Input for this task:
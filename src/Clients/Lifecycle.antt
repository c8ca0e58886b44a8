-- ===== src/Clients/Lifecycle.antt =====
-- ClientManager: how connections come, change and go.
use quick_desk.Base.{
  ℕ, suc, ℤ, Bool, true, false, not, ◌||◌, String, List, [], ◌∷◌, Option, none, some, is_empty,
  str_eq, if◌then◌else◌, nat_eqb, string_eq,
}
use quick_desk.Base.Dict.{lookup, insert, erase, has_key, keys}
use quick_desk.Transfer.Sessions.{
  init as no_transfers, end_session, reconcile_session, end_all_sessions,
}
use quick_desk.Frames.Manager.{detach}
use quick_desk.Clients.State.{
  RtcStatus, rtc_disconnected, rtc_connecting, Capabilities, ConnectionInfo, blank_connection,
  disconnect_from, connect_message, disconnect_all_message, to_connection, connection_state_changed,
  connection_added, connection_removed, connection_count_changed, active_connection_changed,
  connection_list_changed, error_occurred, ClientManager, Settings, emit, send_message, can_send,
  connection_id_for, is_rtc_over, set_active_device_id,
}

unfoldable pub init : ClientManager
init = record {
  messaging = none;
  connections = [];
  conn_id_to_device_id = [];
  active_device_id = "";
  connection_counter = 0;
  ice_config = "";
  transfers = no_transfers;
  memory = record { handles = []; signals = [] };
  sent = [];
  signals = [];
}

-- m_connections[deviceId], which makes an entry where there is none.
abbrev pub at_device : String → List (String × ConnectionInfo) → ConnectionInfo
at_device device ks = elim (lookup device ks) [ none ↦ blank_connection | some k ↦ k ]

abbrev pub write_at : String → (ConnectionInfo → ConnectionInfo) → ClientManager → ClientManager
write_at device f m = record m {
  connections = insert device (f (at_device device m.connections)) m.connections;
}

abbrev pub set_signaling : String → ℤ → ℤ → String → ConnectionInfo → ConnectionInfo
set_signaling state retry next error k = record k {
  signaling_state = state;
  signaling_retry_count = retry;
  signaling_next_retry_in = next;
  signaling_error = error;
}

abbrev pub set_size : ℤ → ℤ → ConnectionInfo → ConnectionInfo
set_size width height k = record k { width = width; height = height }

abbrev pub set_name : String → ConnectionInfo → ConnectionInfo
set_name name k = record k { device_name = name }

abbrev pub set_supports : Capabilities → ConnectionInfo → ConnectionInfo
set_supports supports k = record k { supports = supports }

abbrev pub set_rtc : RtcStatus → ConnectionInfo → ConnectionInfo
set_rtc st k = record k { rtc_state = st }

-- The signal connectionStateChanged, with the manager's own slot for it.
unfoldable pub tell_state : String → String → ClientManager → ClientManager
tell_state device text m = emit (connection_state_changed device text) (record m {
  transfers =
      reconcile_session (connection_id_for device m) device (str_eq text "connected")
        (str_eq text "disconnected" || str_eq text "failed") m.transfers;
})

-- `if (m_connections.contains(deviceId))` with a new state and its signal.
unfoldable pub change_state : RtcStatus → String → String → ClientManager → ClientManager
change_state st text device m =
    if has_key device m.connections
    then tell_state device text (write_at device (set_rtc st) m)
    else m

unfoldable pub remove_connection : String → ClientManager → ClientManager
remove_connection device m = record m {
  transfers = end_session (connection_id_for device m) m.transfers;
  conn_id_to_device_id =
      (if has_key device m.connections
        then erase (connection_id_for device m) m.conn_id_to_device_id
        else m.conn_id_to_device_id);
  connections = erase device m.connections;
}

abbrev pub detach_memory : String → ClientManager → ClientManager
detach_memory device m = record m { memory = detach device m.memory }

abbrev pub next_active : Settings → List String → String
next_active s [] = ""
next_active s (d ∷ ds) = s.first_key (d ∷ ds)

-- The next active device, where the active one has gone.
unfoldable pub pick_active : Settings → String → ClientManager → ClientManager
pick_active s device m =
    if str_eq m.active_device_id device
    then set_active_device_id (next_active s (keys m.connections)) m
    else m

-- The end of a connection that four handlers have in common.
unfoldable pub drop_connection : Settings → String → ClientManager → ClientManager
drop_connection s device m = pick_active s device (
    emit connection_list_changed (
      emit (connection_removed device)
        (emit connection_count_changed (remove_connection device m))))

abbrev pub same_messaging : Option ℕ → Option ℕ → Bool
same_messaging none none = true
same_messaging (some i) (some j) = nat_eqb i j
same_messaging _ _ = false

-- The loop of setMessaging over the devices.
unfoldable pub lose_devices : List String → ClientManager → ClientManager
lose_devices [] m = m
lose_devices (d ∷ ds) m =
    lose_devices ds (emit (connection_removed d) (detach_memory d (tell_state d "disconnected" m)))

abbrev pub clear_connections : ClientManager → ClientManager
clear_connections m = record m {
  connections = [];
  conn_id_to_device_id = [];
  active_device_id = "";
}

abbrev pub tell_cleared : ClientManager → ClientManager
tell_cleared m =
    emit connection_list_changed (emit active_connection_changed (emit connection_count_changed m))

unfoldable pub lose_all : List String → ClientManager → ClientManager
lose_all [] m = clear_connections m
lose_all (d ∷ ds) m = tell_cleared (clear_connections (lose_devices (d ∷ ds) m))

unfoldable pub set_messaging : Option ℕ → ClientManager → ClientManager
set_messaging messaging m =
    let ended =
      if same_messaging m.messaging messaging then m.transfers else end_all_sessions m.transfers in
    let m : ClientManager = record m { transfers = ended; messaging = messaging } in
    elim messaging [ none ↦ lose_all (keys m.connections) m | some i ↦ m ]

-- The part of connectToHost past its checks.
unfoldable pub open_connection :
    Settings → String → String → String → String → ClientManager → ClientManager
open_connection s device code token url m =
    let id = s.conn_name (suc m.connection_counter) in
    let conn : ConnectionInfo = record blank_connection {
      connection_id = id;
      device_id = device;
      rtc_state = rtc_connecting;
    } in
    let opened = emit connection_list_changed (
      emit (connection_added device) (
        emit connection_count_changed (
          send_message
            (connect_message id device code token url s.api_key s.preferred_video_codec
              m.ice_config)
            (record m {
              connection_counter = suc m.connection_counter;
              connections = insert device conn m.connections;
              conn_id_to_device_id = insert id device m.conn_id_to_device_id;
            })))) in
    if is_empty m.active_device_id then set_active_device_id device opened else opened

-- The connection that a device has already, if it is not over, is used again.
unfoldable pub connect_to_host :
    Settings → Bool → String → String → String → String → ClientManager → ClientManager × String
connect_to_host s ready device code token url m =
    if not (can_send ready m)
    then (emit (error_occurred device "NOT_READY" "Client process is not ready") m, "")
    else if is_empty token
    then (
      emit
          (error_occurred device "MISSING_SIGNAL_TOKEN"
            "signalToken is required (call verifyAccessCode first)")
          m,
      "",
    )
    else elim (lookup device m.connections) [
      | none ↦ (open_connection s device code token url m, device)
      | some k ↦
          if is_rtc_over k.rtc_state
          then (open_connection s device code token url (remove_connection device m), device)
          else (m, device)
    ]

unfoldable pub disconnect_from_host : Settings → Bool → String → ClientManager → ClientManager
disconnect_from_host s ready device m =
    if not (can_send ready m) || is_empty (connection_id_for device m)
    then m
    else drop_connection s device (
        detach_memory device (
          change_state rtc_disconnected "disconnected" device
            (send_message (to_connection (connection_id_for device m) disconnect_from) m)))

-- The loop of disconnectAll.
unfoldable pub disconnect_devices : List String → ClientManager → ClientManager
disconnect_devices [] m = m
disconnect_devices (d ∷ ds) m = disconnect_devices ds (
    emit (connection_removed d)
      (detach_memory d (tell_state d "disconnected" (write_at d (set_rtc rtc_disconnected) m))))

unfoldable pub disconnect_all : Bool → ClientManager → ClientManager
disconnect_all ready m =
    if can_send ready m
    then tell_cleared (
        clear_connections
          (disconnect_devices (keys m.connections) (send_message disconnect_all_message m)))
    else m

What to work on: Every line in the data that includes the word "deviceId" should be counted, and only the resulting number given.

Answer for this exercise: 2